Injections that aim to influence a person's immune system have been used by doctors to lessen the chance of a person developing a disease, or sometimes to reduce the damage the disease does to the body. M. vaccae is a type of bacterium related to the one that causes tuberculosis. Scientists have wondered if injections of this could reduce the damage done to someone when they are infected with tuberculosis, and some early trials suggested this might be true. However, this overview involving eight trials identified that the research does not show any consistent effect of this injection on death or the course of tuberculosis illness. It may be that the early trials had methodological problems that led to false optimism about this intervention.
M. vaccae immunotherapy does not benefit people with tuberculosis.

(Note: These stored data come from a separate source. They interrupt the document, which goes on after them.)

-- ===== src/DomainStateMachine/SearchEnds.antt =====
-- The fuel of `visitGraph` of src/domain-state-machine/analyzer.ts is enough.
use ddd_kit_ts.Base.{
  ℕ, zero, suc, ◌+◌, ◌≤◌, ◌≡◌, ◌≢◌, inl, inr, refl, sym, true, false, some, List, [], ◌∷◌, length,
  arith, Bool-cases,
}
use ddd_kit_ts.Base.JsString.{JsString, JsString-discrete}
use ddd_kit_ts.DomainStateMachine.Analyzer.{
  Graph, has_visited, edges_of, push_all, visit_loop, edge_count, visit_graph,
}
use ddd_kit_ts.DomainStateMachine.Visited.{has_visited_iff, length-push_all, visit_loop_done}

-- The edges out of states that have not been visited.
edges_left : List JsString → Graph → ℕ
edges_left visited [] = 0
edges_left visited (e ∷ g) =
    let rest = edges_left visited g in
    elim (has_visited e.0 visited) [ true ↦ rest | false ↦ length e.1 + rest ]

has_visited_here : (s t : JsString) (ts : List JsString) → t ≡ s → has_visited s (t ∷ ts) ≡ true
has_visited_here s t ts e = (has_visited_iff s (t ∷ ts)).1 (inl e)

has_visited_ne :
    (s t : JsString) (ts : List JsString) → t ≢ s → has_visited s (t ∷ ts) ≡ has_visited s ts
unfolding has_visited
has_visited_ne s t ts ne = ground (arith, ne)

has_visited_later :
    (s t : JsString) (ts : List JsString) → has_visited s ts ≡ true → has_visited s (t ∷ ts) ≡ true
has_visited_later s t ts h = (has_visited_iff s (t ∷ ts)).1 (inr ((has_visited_iff s ts).0 h))

edges_of_here :
    (s : JsString) (e : JsString × List JsString) (g : Graph) → e.0 ≡ s → edges_of (e ∷ g) s ≡ e.1
unfolding edges_of
edges_of_here s e g h = ground (arith, h)

edges_of_ne :
    (s : JsString) (e : JsString × List JsString) (g : Graph)
    → e.0 ≢ s
    → edges_of (e ∷ g) s ≡ edges_of g s
unfolding edges_of
edges_of_ne s e g h = ground (arith, h)

edges_left-cons :
    (s : JsString) (visited : List JsString) (g : Graph)
    → edges_left (s ∷ visited) g ≤ edges_left visited g
unfolding edges_left
edges_left-cons s visited [] = omega arith
edges_left-cons s visited (e ∷ g) = elim (Bool-cases (has_visited e.0 visited)) [
  | inl old ↦
      rw (has_visited_later e.0 s visited old, edges_left, old) (edges_left-cons s visited g)
  | inr new ↦ elim (Bool-cases (has_visited e.0 (s ∷ visited))) [
    | inl now ↦ rw (now, edges_left, new) (omega (arith, edges_left-cons s visited g))
    | inr still ↦ rw (still, edges_left, new) (omega (arith, edges_left-cons s visited g))
  ]
]

edges_left_visit :
    (s : JsString) (visited : List JsString) (g : Graph)
    → has_visited s visited ≡ false
    → edges_left (s ∷ visited) g + length (edges_of g s) ≤ edges_left visited g
unfolding edges_left
edges_left_visit s visited [] h = unfold edges_of in omega arith
edges_left_visit s visited (e ∷ g) h = elim (JsString-discrete e.0 s) [
  | yes here ↦
      let new : has_visited e.0 visited ≡ false = rw here h in
      let now = has_visited_here e.0 s visited (sym here) in
      rw (edges_of_here s e g here, now, edges_left, new)
        (omega (arith, edges_left-cons s visited g))
  | no ne ↦
      let same = has_visited_ne e.0 s visited (λ p. ne (sym p)) in
      elim (Bool-cases (has_visited e.0 visited)) [
        | inl old ↦
            rw (edges_of_ne s e g ne, same, edges_left, old) (edges_left_visit s visited g h)
        | inr new ↦
            rw (edges_of_ne s e g ne, same, edges_left, new)
              (omega (arith, edges_left_visit s visited g h))
      ]
]

edges_left-nil : (g : Graph) → edges_left [] g ≡ edge_count g
unfolding edges_left edge_count has_visited
edges_left-nil [] = refl
edges_left-nil (e ∷ g) = ground (arith, edges_left-nil g)

visit_loop_ends :
    (fuel : ℕ) (g : Graph) (visited pending : List JsString)
    → length pending + edges_left visited g ≤ fuel
    → (v : List JsString) × (visit_loop fuel g visited pending ≡ some v)
unfolding visit_loop
visit_loop_ends fuel g visited [] h = (visited, visit_loop_done fuel g visited)
visit_loop_ends zero g visited (s ∷ pending) h = absurd (omega arith)
visit_loop_ends (suc fuel) g visited (s ∷ pending) h = elim (Bool-cases (has_visited s visited)) [
  | inl old ↦
      let (v, e) = visit_loop_ends fuel g visited pending (omega arith) in
      (v, rw (old, visit_loop) e)
  | inr new ↦
      let (v, e) =
        visit_loop_ends fuel g (s ∷ visited) (push_all (s ∷ visited) pending (edges_of g s)) (
          omega (
            arith,
            edges_left_visit s visited g new,
            length-push_all (s ∷ visited) pending (edges_of g s),
          )) in
      (v, rw (new, visit_loop) e)
]

-- The search ends within its fuel.
pub visit_graph_total :
    (g : Graph) (starts : List JsString) → (v : List JsString) × (visit_graph g starts ≡ some v)
unfolding visit_graph
visit_graph_total g starts =
    visit_loop_ends (length starts + edge_count g) g [] starts (omega (arith, edges_left-nil g))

No further trials are warranted and, as a result, the authors do not intend to update this review.
Some authorities have advocated Mycobacterium vaccae immunotherapy for treating tuberculosis and other infections caused by mycobacteria.

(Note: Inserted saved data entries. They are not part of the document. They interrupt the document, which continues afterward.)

module _ (d : DrvQueue) where
  open d use {Queue, sizeq, peekq}

  abbrev pub Selects : Bool → Emitted d → Type 0
  Selects b e = e.sock.selected ≡ b

  emit_from-Selects :
      (n : ℕ) (rcvr : Receiver) (e : Emitting d) (s : Socket Queue)
      → Leaves (Selects s.selected) (emit_from d n rcvr e s)
  unfolding emit_from
  emit_from-Selects n rcvr e s =
      bind-Leaves (Selects s.selected) (emit_loop d n s.drv_port s.sockopts rcvr e) _ (λ e' q. refl)

  emit_queued-Selects :
      (len : ℕ) (rcvr : Receiver) (s : Socket Queue)
      → Leaves (Selects s.selected) (emit_queued d len rcvr s)
  unfolding emit_queued emit_packet emit_passive
  emit_queued-Selects len rcvr s =
      bind-Leaves (Selects s.selected) (packet_size s.sockopts.packet (peekq s.queue)) _
        (λ pkt_size q.
          either-Leaves (Selects s.selected) (not (pkt_size == 0)) _ _
            (either-Leaves (Selects s.selected)
              (ltb (sizeq s.queue) ((s.sockopts.packet + pkt_size) % 2 ^ 32)) _ _ refl
              (bind-Leaves (Selects s.selected) (reduce_read_count s.read_count pkt_size) _
                (λ counts q'. emit_from-Selects 1 rcvr _ s)))
            (either-Leaves (Selects s.selected) (is_false s.sockopts.active) _ _
              (bind-Leaves (Selects s.selected)
                (if len == 0
                  then ok []
                  else reduce_read_count s.read_count
                      ((if len == 0 then sizeq s.queue else len) % 2 ^ 32))
                _ (λ counts q'. emit_from-Selects 1 rcvr _ s))
              (emit_from-Selects _ rcvr (emitting d s) s)))

  pub emit_read_buffer-Selects :
      (len : ℕ) (rcvr : Receiver) (qsize : ℕ) (s : Socket Queue)
      → Leaves (Selects s.selected) (emit_read_buffer d len rcvr qsize s)
  unfolding emit_read_buffer
  emit_read_buffer-Selects len rcvr qsize s =
      either-Leaves (Selects s.selected) (s.close_pending && (emit_closed_message d s).0) _ _ refl (
        either-Leaves (Selects s.selected)
          (sizeq s.queue == 0 || ltb (sizeq s.queue) len || ltb (sizeq s.queue) s.sockopts.packet) _
          _ refl (emit_queued-Selects len rcvr s))

  read_done-Quiet :
      (h h' : UtpHandler Queue) (waiting : Bool) (e : Emitted d)
      → e.sock.selected ≡ h.sock.selected
      → is_destroying h'.status ≡ is_destroying h.status
      → Quiet h (read_done d h' waiting e)
  unfolding reset_waiting_recv
  read_done-Quiet h h' waiting e same status =
      let w = waiting && e.sent in
      (
        if-Holds (λ (g : UtpHandler Queue). g.sock.selected ≡ h.sock.selected) w _ _ same same,
        Calm-append (map message e.messages) _ (map-message-Calm e.messages)
            (if-Holds Calm (e.new_qsize == 0) _ _ tt tt),
        inl (
            if-Holds (λ (g : UtpHandler Queue). is_destroying g.status ≡ is_destroying h.status) w _
              _ status status),
      )

  do_read-Quiet : (bytes : List ℕ) (h : UtpHandler Queue) → Leaves (Quiet h) (do_read d bytes h)
  unfolding do_read
  do_read-Quiet [] h = (refl, tt, inl refl)
  do_read-Quiet (b ∷ bytes) h =
      let h' = received d (b ∷ bytes) h in
      let rcvr : Receiver = record {
        caller_ref = binary_bytes h.caller_ref;
        caller = h.caller;
        send_to_connected = false;
      } in
      either-Leaves (Quiet h) (is_false h.sockopts.active) _ _
        (either-Leaves (Quiet h) h.receiver_waiting _ _
          (bind-Leaves (Quiet h) (emit_read_buffer d h.recv_len rcvr 1 h'.sock) _ (λ e q.
            read_done-Quiet h h' true e
              (subst (Leaves (Selects h.sock.selected)) q
                (emit_read_buffer-Selects h.recv_len rcvr 1 h'.sock))
              refl))
          (refl, tt, inl refl))
        (bind-Leaves (Quiet h) (emit_read_buffer d 0 connected_receiver 1 h'.sock) _ (λ e q.
          read_done-Quiet h h' false e
            (subst (Leaves (Selects h.sock.selected)) q
              (emit_read_buffer-Selects 0 connected_receiver 1 h'.sock))
            refl))

  pub close_on-Quiet :
      (h g : UtpHandler Queue) (u : Option ℕ)
      → g.sock.selected ≡ h.sock.selected
      → is_destroying g.status ≡ is_destroying h.status
      → Quiet h (close_on g u)
  unfolding close_on is_destroying
  close_on-Quiet h g none s t = (s, tt, inl t)
  close_on-Quiet h g (some u) s t =
      if-Holds (Quiet h) (is_destroying g.status) _ _ (s, tt, inl t)
        (if-Holds (Quiet h) (WriteQueue.size g.write_queue == 0) _ _ (s, tt, inr refl)
          (s, tt, inl t))

  chained-Quiet :
      (h : UtpHandler Queue) (f r : Stepped Queue)
      → Quiet h f
      → Quiet f.after r
      → Quiet h (record { after = r.after; events = f.events ++ r.events })
  chained-Quiet h f r (s, c, st) (s', c', st') = (
    s' ∙ s,
    Calm-append f.events r.events c c',
    elim st' [
      | inr alive ↦ inr alive
      | inl kept ↦ elim st [ inl before ↦ inl (kept ∙ before) | inr alive ↦ inr (kept ∙ alive) ]
    ],
  )

  on_eof-Quiet : (h : UtpHandler Queue) → Quiet h (on_eof d h)
  unfolding on_eof close_utp
  on_eof-Quiet h =
      let cleared = record h { write_queue = (WriteQueue.clear h.write_queue).0 } in
      let q : Quiet h (
          if is_stopped h.status
          then record { after = cleared; events = [] }
          else close_on cleared h.utp) =
        if-Holds (Quiet h) (is_stopped h.status) _ _ (refl, tt, inl refl)
          (close_on-Quiet h cleared h.utp refl refl) in
      (q.0, q.1, q.2)

  write_queued-Quiet : (w : WriteRun) (h : UtpHandler Queue) → Leaves (Quiet h) (write_queued d w h)
  unfolding write_queued
  write_queued-Quiet w h =
      either-Leaves (Quiet h) (WriteQueue.size h.write_queue == 0) _ _ (refl, tt, inl refl)
        (bind-Leaves (Quiet h) (do_writes w.counts h.write_queue) _ (λ r e. (refl, tt, inl refl)))

  wake_sender-Quiet : (h : UtpHandler Queue) → Quiet h (wake_sender d h)
  unfolding wake_sender
  wake_sender-Quiet h =
      if-Holds (Quiet h) (h.is_writable && h.sender_waiting) _ _ (refl, tt, inl refl)
        (refl, tt, inl refl)

  abbrev close_if : Bool → UtpHandler Queue → Stepped Queue
  close_if b h = if b then close_utp h else record { after = h; events = [] }

  closing_if-Quiet : (b : Bool) (h : UtpHandler Queue) → Quiet h (close_if b h)
  unfolding close_utp
  closing_if-Quiet b h =
      if-Holds (Quiet h) b _ _ (close_on-Quiet h h h.utp refl refl) (refl, tt, inl refl)

  on_writable-Quiet : (w : WriteRun) (h : UtpHandler Queue) → Leaves (Quiet h) (on_writable d w h)
  unfolding on_writable
  on_writable-Quiet w h = bind-Leaves (Quiet h) (write_queued d w h) _ (λ wrote e.
      let woken = wake_sender d wrote.after in
      let closed = close_if woken.after.sock.close_pending woken.after in
      let rest : Stepped Queue = record {
        after = closed.after;
        events = woken.events ++ closed.events;
      } in
      chained-Quiet h wrote rest (subst (Leaves (Quiet h)) e (write_queued-Quiet w h)) (
        chained-Quiet wrote.after woken closed (wake_sender-Quiet wrote.after)
          (closing_if-Quiet woken.after.sock.close_pending woken.after)))

  on_connect-Quiet : (h : UtpHandler Queue) → Quiet h (on_connect d h)
  unfolding on_connect is_destroying
  on_connect-Quiet h =
      (refl, if-Holds Calm (is_connect_pending h.status && is_set h.caller_ref) _ _ tt tt, inr refl)

  report_closed-selected :
      (h : UtpHandler Queue) → (report_closed d h).after.sock.selected ≡ h.sock.selected
  unfolding report_closed
  report_closed-selected h =
      if-Holds (λ (st : Stepped Queue). st.after.sock.selected ≡ h.sock.selected)
        (h.close_pending && is_set h.caller_ref) _ _ refl
        (if-Holds (λ (st : Stepped Queue). st.after.sock.selected ≡ h.sock.selected)
          (is_false h.sockopts.active) _ _ refl refl)

  deselected_off :
      (h : UtpHandler Queue)
      → ((deselected d h).after.sock.selected ≡ false)
        × (on_after h.sock.selected (deselected d h).events ≡ false)
  unfolding on_after
  deselected_off h = elim (Bool-cases h.sock.selected) [
    | inl on ↦ rw on (refl, refl)
    | inr off ↦ rw off (refl, refl)
  ]

  on_destroying_off : (h : UtpHandler Queue) → (on_destroying d h).after.sock.selected ≡ false
  unfolding on_destroying
  on_destroying_off h =
      let off = (deselected_off h).0 in
      if-Holds (λ (st : Stepped Queue). st.after.sock.selected ≡ false) (is_closing h.status) _ _
        (report_closed-selected (deselected d h).after ∙ off)
        (if-Holds (λ (st : Stepped Queue). st.after.sock.selected ≡ false) (is_stopped h.status) _ _
          off off)

  -- What `on_destroying` does once the input is off.
  abbrev after_off : UtpHandler Queue → Stepped Queue
  after_off h =
      let off = deselected d h in
      if is_closing h.status
      then destroyed d off.after
      else (if is_stopped h.status
          then record { after = off.after; events = deleted ∷ [] }
          else record { after = off.after; events = [] })

  on_destroying-Switches : (h : UtpHandler Queue) → Switches h (on_destroying d h)
  unfolding on_destroying
  on_destroying-Switches h = record {
    on = on_destroying_off h ∙ sym (turned_off (after_off h).events);
    off = λ o e. on_destroying_off h;
    freed = inr (on_destroying_off h);
  }
    where
      turned_off :
          (es : List Event) → on_after h.sock.selected ((deselected d h).events ++ es) ≡ false
      turned_off es =
          on_after-append h.sock.selected (deselected d h).events es
          ∙ ap (λ b. on_after b es) (deselected_off h).1
          ∙ on_after_off es

  pub of_Quiet :
      (h : UtpHandler Queue) (r : Result (Stepped Queue))
      → Leaves (Quiet h) r
      → Leaves (Switches h) r
  of_Quiet h (ok s) q = Quiet-Switches h s q
  of_Quiet h (err e) q = tt

  do_state_change-Switches :
      (st : UtpState) (w : WriteRun) (h : UtpHandler Queue)
      → Leaves (Switches h) (do_state_change d st w h)
  unfolding do_state_change
  do_state_change-Switches eof w h =
      Quiet-Switches h _ (on_eof-Quiet (record h { state = some eof }))
  do_state_change-Switches writable w h =
      of_Quiet h (on_writable d w (record h { state = some writable }))
        (on_writable-Quiet w (record h { state = some writable }))
  do_state_change-Switches connect w h =
      Quiet-Switches h _ (on_connect-Quiet (record h { state = some connect }))
  do_state_change-Switches UtpState.destroying w h =
      let s = on_destroying-Switches (record h { state = some UtpState.destroying }) in
      record { on = s.on; off = s.off; freed = s.freed }
  do_state_change-Switches (UtpState.other n) w h = Quiet-Switches h _ (refl, tt, inl refl)

  error_on-Quiet :
      (s : Status) (h : UtpHandler Queue) (errcode : ℕ) → Quiet h (error_on d s h errcode)
  unfolding is_destroying close_utp
  error_on-Quiet connect_pending h errcode =
      (refl, if-Holds Calm (is_set h.caller_ref) _ _ tt tt, inr refl)
  error_on-Quiet connected h errcode =
      if-Holds (Quiet h) (errcode == econnreset) _ _ (close_on-Quiet h h h.utp refl refl) (
        if-Holds (Quiet h) (is_false h.sockopts.active) _ _ (refl, tt, inl refl)
          (refl, tt, inl refl))
  error_on-Quiet not_connected h errcode = (refl, tt, inl refl)
  error_on-Quiet listening h errcode = (refl, tt, inl refl)
  error_on-Quiet connect_failed h errcode = (refl, tt, inl refl)
  error_on-Quiet closing h errcode = (refl, tt, inl refl)
  error_on-Quiet Status.destroying h errcode = (refl, tt, inl refl)
  error_on-Quiet stopped h errcode = (refl, tt, inl refl)

  do_error-Switches : (errcode : ℕ) (h : UtpHandler Queue) → Switches h (do_error d errcode h)
  unfolding do_error
  do_error-Switches errcode h =
      let q = error_on-Quiet h.status (record h { error_code = errcode }) errcode in
      Quiet-Switches h _ (q.0, q.1, q.2)

  do_incoming-Quiet : (u : ℕ) (h : UtpHandler Queue) → Quiet h (do_incoming u h)
  unfolding do_incoming set_utp_callbacks is_destroying
  do_incoming-Quiet u h =
      elim h.utp
        as (λ x. Quiet h (elim x [
          | none ↦
              let h' = record h { utp = some u } in
              record {
                after = record h' { is_writable = true; status = connected };
                events = set_utp_callbacks h';
              }
          | some v ↦ record { after = h; events = [] }
        ])) [ none ↦ (refl, tt, inr refl) | some v ↦ (refl, tt, inl refl) ]

  after_send-Switches : (o : Outcome) (h : UtpHandler Queue) → Switches h (after_send d o h)
  after_send-Switches done h = Quiet-Switches h _ (refl, tt, inl refl)
  after_send-Switches (failed errno) h = do_error-Switches errno h
  after_send-Switches going_on h = Quiet-Switches h _ (refl, tt, inl refl)

  call_back-Switches :
      (is_server : Bool) (c : Callback) (h : UtpHandler Queue)
      → Leaves (Switches h) (call_back d is_server c h)
  unfolding call_back
  call_back-Switches is_server (utp_read bytes) h =
      of_Quiet h (do_read d bytes h) (do_read-Quiet bytes h)
  call_back-Switches is_server (utp_write n) h =
      bind-Leaves (Switches h) (do_write n h.write_queue) _
        (λ r e. Quiet-Switches h _ (refl, tt, inl refl))
  call_back-Switches is_server utp_get_rb_size h = Quiet-Switches h _ (refl, tt, inl refl)
  call_back-Switches is_server (utp_state_change st w) h = do_state_change-Switches st w h
  call_back-Switches is_server (utp_error errcode) h = do_error-Switches errcode h
  call_back-Switches is_server utp_overhead h = Quiet-Switches h _ (refl, tt, inl refl)
  call_back-Switches true (utp_incoming u) h = Quiet-Switches h _ (do_incoming-Quiet u h)
  call_back-Switches false (utp_incoming u) h = Quiet-Switches h _ (refl, tt, inl refl)
  call_back-Switches is_server (send_to len answers) h = after_send-Switches _ h

  pub call_backs-Switches :
      (is_server : Bool) (cs : List Callback) (h : UtpHandler Queue)
      → Leaves (Switches h) (call_backs d is_server cs h)
  unfolding call_backs
  call_backs-Switches is_server [] h = Quiet-Switches h _ (refl, tt, inl refl)
  call_backs-Switches is_server (c ∷ cs) h =
      bind-Leaves (Switches h) (call_back d is_server c h) _ (λ first e.
        bind-Leaves (Switches h) (call_backs d is_server cs first.after) _ (λ rest f.
          chained-Switches h first rest
            (subst (Leaves (Switches h)) e (call_back-Switches is_server c h))
            (subst (Leaves (Switches first.after)) f
              (call_backs-Switches is_server cs first.after))))

  -- Whatever a datagram calls back on a connection, in any order: its input is on afterwards as the calls of
  -- `stop_input` among what happened have it, a handler of which DESTROYING was reported has its input off if
  -- it had before, and a handler that is deleted has its input off.
  pub input_ready-Switches :
      (is_server : Bool) (datagram : Option (List ℕ)) (cs : List Callback) (h : UtpHandler Queue)
      → Leaves (Switches h) (input_ready d is_server datagram cs h)
  unfolding input_ready
  input_ready-Switches is_server none cs h = Quiet-Switches h _ (refl, tt, inl refl)
  input_ready-Switches is_server (some []) cs h = Quiet-Switches h _ (refl, tt, inl refl)
  input_ready-Switches is_server (some (b ∷ bytes)) cs h = call_backs-Switches is_server cs h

To evaluate M. vaccae immunotherapy as an adjunct to chemotherapy in people with tuberculosis.
In October 2002, we searched the Cochrane Infectious Diseases Group Specialized Register, Cochrane Controlled Trials Register (The Cochrane Library 2002, Issue 3), MEDLINE, EMBASE, LILACS, and reference lists of articles. We also contacted organizations and individuals working in the field.
Randomized and quasi-randomized controlled trials of inoculation with whole killed M. vaccae versus placebo for people with tuberculosis.
Both authors assessed trial quality and extracted data. Dichotomous outcomes were analysed with risk ratio (RR) and 95% confidence intervals (CI).
Eight trials involving 2140 adults met the inclusion criteria. M. vaccae immunotherapy had no significant effect on the number of deaths (RR 1.09, 95% CI 0.83 to 1.42; 1741 participants, 4 trials). Meta-analysis suggested small effects on the number of people who were sputum smear negative and sputum culture negative at two months, but these apparent effects were not present in sensitivity analyses that only included adequately concealed trials. Most immunotherapy recipients experienced local adverse reactions (RR 18.82, 95% CI 5.47 to 64.77; 131 participants, 2 trials), some of which progressed to ulceration and scarring.